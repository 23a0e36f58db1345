-- ===== src/Service/Wakeups.antt =====
-- The clock-jump source of the service, dispatched by the main loop.
use eos_payg.Base.{
  ℕ, ◌+◌, ◌≡◌, refl, sym, ◌∙◌, Bool, true, false, Option, some, List, [], ◌∷◌, ◌==◌, if◌then◌else◌,
  All, Bool-cases, inl, inr, Option-cases, arith,
}
use eos_payg.Base.Int.{ℤ}
use eos_payg.ClockJumpSource.{Read, read_failed, clock_jump_source_dispatch}
use eos_payg.Manager.{Clock, ◌>>=◌}
use eos_payg.Provider.{Provider, provider_wallclock_time_changed}
use eos_payg.Service.{Service, Reading, is_zero, jump_delta, clock_jump_cb}
use eos_payg.Service.Jumps.{forward, back, clock_jumps, told, clock_jumps_lem}

-- A time at which the source is ready: `errno` before the `read`, what that gives, and the clocks.
pub record Wakeup : Type 0 where
  pub errno : ℕ
  pub result : Read
  pub clock : Clock
  pub reading : Reading

abbrev pub readings : List Wakeup → List (Clock × Reading)
readings [] = []
readings (w ∷ ws) = (w.clock, w.reading) ∷ readings ws

-- The `read` of a timer that was canceled, as the kernel documents it.
abbrev pub AllCanceled : ℕ → List Wakeup → Type 0
AllCanceled ecanceled ws = All (λ w. w.result ≡ read_failed ecanceled) ws

module _ {S : Type 0} (P : Provider S) (ecanceled time_max : ℕ) where
  -- The callback of the source, which always continues.
  unfoldable pub clock_jump_callback : Clock → Reading → Service S → Option (Service S × Bool)
  clock_jump_callback c v1 s = do s' ← clock_jump_cb P c v1 s; some (s', true)

  -- A source that has been removed is not dispatched.
  unfoldable pub wake : Wakeup → Service S → Option (Service S)
  unfolding clock_jump_source_dispatch clock_jump_callback
  wake w s =
      if s.has_source
      then (do
        (s', stays) ←
            clock_jump_source_dispatch ecanceled time_max
              (some (clock_jump_callback w.clock w.reading)) w.errno w.result s
        some (record s' { has_source = stays }))
      else some s

  unfoldable pub wakeups : List Wakeup → Service S → Option (Service S)
  wakeups [] s = some s
  wakeups (w ∷ ws) s = do s' ← wake w s; wakeups ws s'

  clock_jump_cb-source :
      (c : Clock) (v1 : Reading) (s s' : Service S)
      → clock_jump_cb P c v1 s ≡ some s'
      → s'.has_source ≡ s.has_source
  unfolding clock_jump_cb
  clock_jump_cb-source c v1 s s' h = elim (Option-cases s.provider) [
    | inl missing ↦ absurd (ground arith)
    | inr (p, own) ↦ elim (Bool-cases (is_zero P (jump_delta P v1 s))) [
      | inl still ↦ ground arith
      | inr moves ↦
          elim (Option-cases (provider_wallclock_time_changed P c (jump_delta P v1 s) p)) [
            | inl failed ↦ absurd (ground arith)
            | inr (p', changed) ↦ ground arith
          ]
    ]
  ]

  attached_still :
      (s : Service S) → s.has_source ≡ true → some (record s { has_source = true }) ≡ some s
  attached_still s attached = cc

  -- A source that finds its timer canceled calls back, and stays.
  wake-canceled :
      (w : Wakeup) (s : Service S)
      → w.result ≡ read_failed ecanceled
      → s.has_source ≡ true
      → wake w s ≡ clock_jump_cb P w.clock w.reading s
  unfolding wake
  wake-canceled w s canceled attached = elim (Option-cases (clock_jump_cb P w.clock w.reading s)) [
    | inl aborts ↦ ground (arith, canceled, attached, aborts)
    | inr (s', called) ↦ ground (
      arith,
      canceled,
      attached,
      called,
      clock_jump_cb-source w.clock w.reading s s' called,
      attached_still s' (clock_jump_cb-source w.clock w.reading s s' called ∙ attached),
    )
  ]

  wakeups-clock_jumps :
      (ws : List Wakeup) (s : Service S)
      → AllCanceled ecanceled ws
      → s.has_source ≡ true
      → wakeups ws s ≡ clock_jumps P (readings ws) s
  unfolding wakeups clock_jumps
  wakeups-clock_jumps [] s canceled attached = refl
  wakeups-clock_jumps (w ∷ ws) s (canceled, others) attached =
      rw (wake-canceled w s canceled attached)
        (elim (Option-cases (clock_jump_cb P w.clock w.reading s)) [
          | inl aborts ↦ simp aborts refl
          | inr (s', called) ↦ simp called (
              wakeups-clock_jumps ws s' others
                (clock_jump_cb-source w.clock w.reading s s' called ∙ attached))
        ])

  clock_jumps-source :
      (rs : List (Clock × Reading)) (s s' : Service S)
      → clock_jumps P rs s ≡ some s'
      → s'.has_source ≡ s.has_source
  unfolding clock_jumps
  clock_jumps-source [] s s' h = ground (arith, h)
  clock_jumps-source ((c, v1) ∷ rs) s s' h = elim (Option-cases (clock_jump_cb P c v1 s)) [
    | inl aborts ↦ absurd (ground (arith, h, aborts))
    | inr (s1, called) ↦
        clock_jumps-source rs s1 s' (ground (arith, h, called))
        ∙ clock_jump_cb-source c v1 s s1 called
  ]

  -- A source that was removed is not dispatched any more.
  wakeups-removed :
      (ws : List Wakeup) (s : Service S) → s.has_source ≡ false → wakeups ws s ≡ some s
  unfolding wakeups wake
  wakeups-removed [] s removed = refl
  wakeups-removed (w ∷ ws) s removed = ground (arith, removed, wakeups-removed ws s removed)

  -- A read that fails with another error removes it, and nothing tells the provider any more.
  wakeups-other :
      (w : Wakeup) (ws : List Wakeup) (s : Service S) (e : ℕ)
      → w.result ≡ read_failed e
      → (e == ecanceled) ≡ false
      → s.has_source ≡ true
      → wakeups (w ∷ ws) s ≡ some (record s { has_source = false })
  unfolding wakeups wake
  wakeups-other w ws s e failed other attached =
      ground
        (arith, failed, other, attached, wakeups-removed ws (record s { has_source = false }) refl)

  -- While the clock-jump source is attached and each read of its timer fails with ECANCELED, over
  -- any sequence of its dispatches that returns, the source stays attached, and the provider is
  -- told of a sequence of changes and nothing else, and the changes add up to what the wall clock
  -- has moved on more than the boot-time clock since the first reading.
  pub wakeups_lem :
      (ws : List Wakeup) (p : S) (s : Service S) {s' : Service S}
      → AllCanceled ecanceled ws
      → s.has_source ≡ true
      → s.provider ≡ some p
      → wakeups ws s ≡ some s'
      → (s'.has_source ≡ true)
        × (ds : List (Clock × ℤ)) × (p' : S) × (told P ds p ≡ some p')
        × (s'.provider ≡ some p')
        × (forward ds + s.clock_realtime_secs_v0 + s'.clock_boottime_secs_v0
            ≡ back ds + s'.clock_realtime_secs_v0 + s.clock_boottime_secs_v0)
  wakeups_lem ws p s {s'} canceled attached own h =
      let run = sym (wakeups-clock_jumps ws s canceled attached) ∙ h in
      let (ds, p', tells, ends, sums) = clock_jumps_lem P (readings ws) p s own run in
      (clock_jumps-source (readings ws) s s' run ∙ attached, ds, p', tells, ends, sums)
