-- ===== src/Lib.antt =====
-- A model of tak_bench, a load generator for TAK servers that speaks CoT, XML events on a stream.
--
-- The program: the command line (src/main.rs) reads a configuration (src/config.rs), applies its
-- overrides, and gives it to the runner (src/runner.rs). The runner lets the safety policy
-- (src/safety.rs) decide whether the run may start, starts the workload (src/scenarios.rs) and a
-- monitor of the abort thresholds (src/thresholds.rs) on the metrics (src/metrics.rs), and makes the
-- report (src/report.rs) and the lifecycle events (src/lifecycle.rs). The workload starts its
-- participants by a ramp (src/scheduler.rs), connects each (src/connection.rs), sends positions and
-- reads events (src/protocol.rs), and judges from its ledger which events were routed where.
--
-- The modules, with the code they are about:
-- - Prelude: shared names, lists, results, texts as UTF-8 bytes, durations as nanoseconds, and `f64`
--   as an abstract type with the operations that the program calls.
-- - Config: the records, enumerations and defaults of src/config.rs under their own names, durations
--   as text (parse_duration, also of src/main.rs), host_from_server and is_loopback with the address
--   reader it needs, and for_participant.
-- - Safety: validate_with_options with its parts, each check in its order. Production, Rules,
--   Identity and Options hold what an accepted configuration satisfies.
-- - Protocol: to_xml, escape and inspect_event (Event), and CotStreamDecoder (Decoder). Drained,
--   Fragments and Failures follow the loop of `push` by its equations, which Streams, Reads,
--   Frames and Emitted use. Sent and Delivered are about the way from to_xml to the decoder.
-- - Scheduler, Metrics, Thresholds, Report, Lifecycle: one module for each source file.
-- - Connection: connect and build_tls_config, in the order of their checks (Connect), and send and
--   write_all with its timeout (Stream).
-- - Scenarios: the classification of errors (Errors), backoff and emission intervals (Timing), the
--   ledger (Ledger), evaluate_routing (Routing), write_fragmented (Writing), and the sender: the batch
--   and its flush (Batch) and send_positions as steps on an explicit state, one for each branch of its
--   `select!` (Sender). Position is position_xml. Wire has what the sender puts on the wire, what a
--   peer decodes of it, and what a failed flush leaves. Readiness is the barrier that the workload
--   waits for, Reader the loop of read_events, Participant the reconnect loop of run_participant, a
--   round at a time, and Start the participants of a run with their delays. Work is the state of a
--   participant on an open connection and Connected the function run_connected on it, with the
--   interleaving of its reader and its sender; Connected.Session puts it into the rounds of
--   Participant. Stop has the waits for the stop flag, and Workload makes the outcome of a run from
--   the ends of its tasks. Stages has what the proofs about loops share.
-- - Runner: the monitor over its snapshots, what execute_with_lifecycle makes of the outcome, and the
--   two tasks that raise the workload's stop flag (Signals).
-- - Cli: apply_overrides, the commands with their effects (Commands), what is printed of an error
--   (Errors), and main (Main). The structural check of the validate command is in Safety.Options.
--
-- Fallible code returns a `Result`, a loop with a stop a `Stage`. Code that is not the program's is a
-- parameter: the XML reader, the network with its TLS library and files, the stream that is written
-- to, the timer, the histograms, the shuffle, floating point, the calendar, and how numbers, times and
-- identifiers are written. The tests instantiate each with a concrete function.
--
-- Fuel: the decoder's loop takes the length of its buffer and one more, and a fragmented write the
-- number of bytes; each round removes a byte at least, so neither runs out. The counters wrap at
-- 2 ^ 64 as the atomics do, and the sender's event count at 2 ^ 32. Loops that wait for events run over
-- the list of the events that come; in run_connected the deadlines stand behind them. A write
-- returns, with an error where its timeout is over; a deadline that passes while a handler writes
-- is met after that.
--
-- Not modelled: a debug build's panic in the run command where an overriding duration overflows,
-- which apply_overrides alone has; reading YAML and writing JSON, argument parsing, the signal
-- handlers, and the interleaving of several participants, each of which is seen alone, with the
-- marks that the others make at the barrier.
pub mod Prelude
pub mod Config
pub mod Safety
pub mod Protocol
pub mod Scheduler
pub mod Metrics
pub mod Thresholds
pub mod Report
pub mod Lifecycle
pub mod Connection
pub mod Scenarios
pub mod Runner
pub mod Cli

+ + + + + + +

*Aim of the exercise*
Repeat the lines from the first one in the records through the line containing "readings (w ∷", exactly as written, and nothing else.

*Completed task*
repository 23a0e36f58db1345
-- ===== src/Service/Wakeups.antt =====
-- The clock-jump source of the service, dispatched by the main loop.
use eos_payg.Base.{
  ℕ, ◌+◌, ◌≡◌, refl, sym, ◌∙◌, Bool, true, false, Option, some, List, [], ◌∷◌, ◌==◌, if◌then◌else◌,
  All, Bool-cases, inl, inr, Option-cases, arith,
}
use eos_payg.Base.Int.{ℤ}
use eos_payg.ClockJumpSource.{Read, read_failed, clock_jump_source_dispatch}
use eos_payg.Manager.{Clock, ◌>>=◌}
use eos_payg.Provider.{Provider, provider_wallclock_time_changed}
use eos_payg.Service.{Service, Reading, is_zero, jump_delta, clock_jump_cb}
use eos_payg.Service.Jumps.{forward, back, clock_jumps, told, clock_jumps_lem}

-- A time at which the source is ready: `errno` before the `read`, what that gives, and the clocks.
pub record Wakeup : Type 0 where
  pub errno : ℕ
  pub result : Read
  pub clock : Clock
  pub reading : Reading

abbrev pub readings : List Wakeup → List (Clock × Reading)
readings [] = []
readings (w ∷ ws) = (w.clock, w.reading) ∷ readings ws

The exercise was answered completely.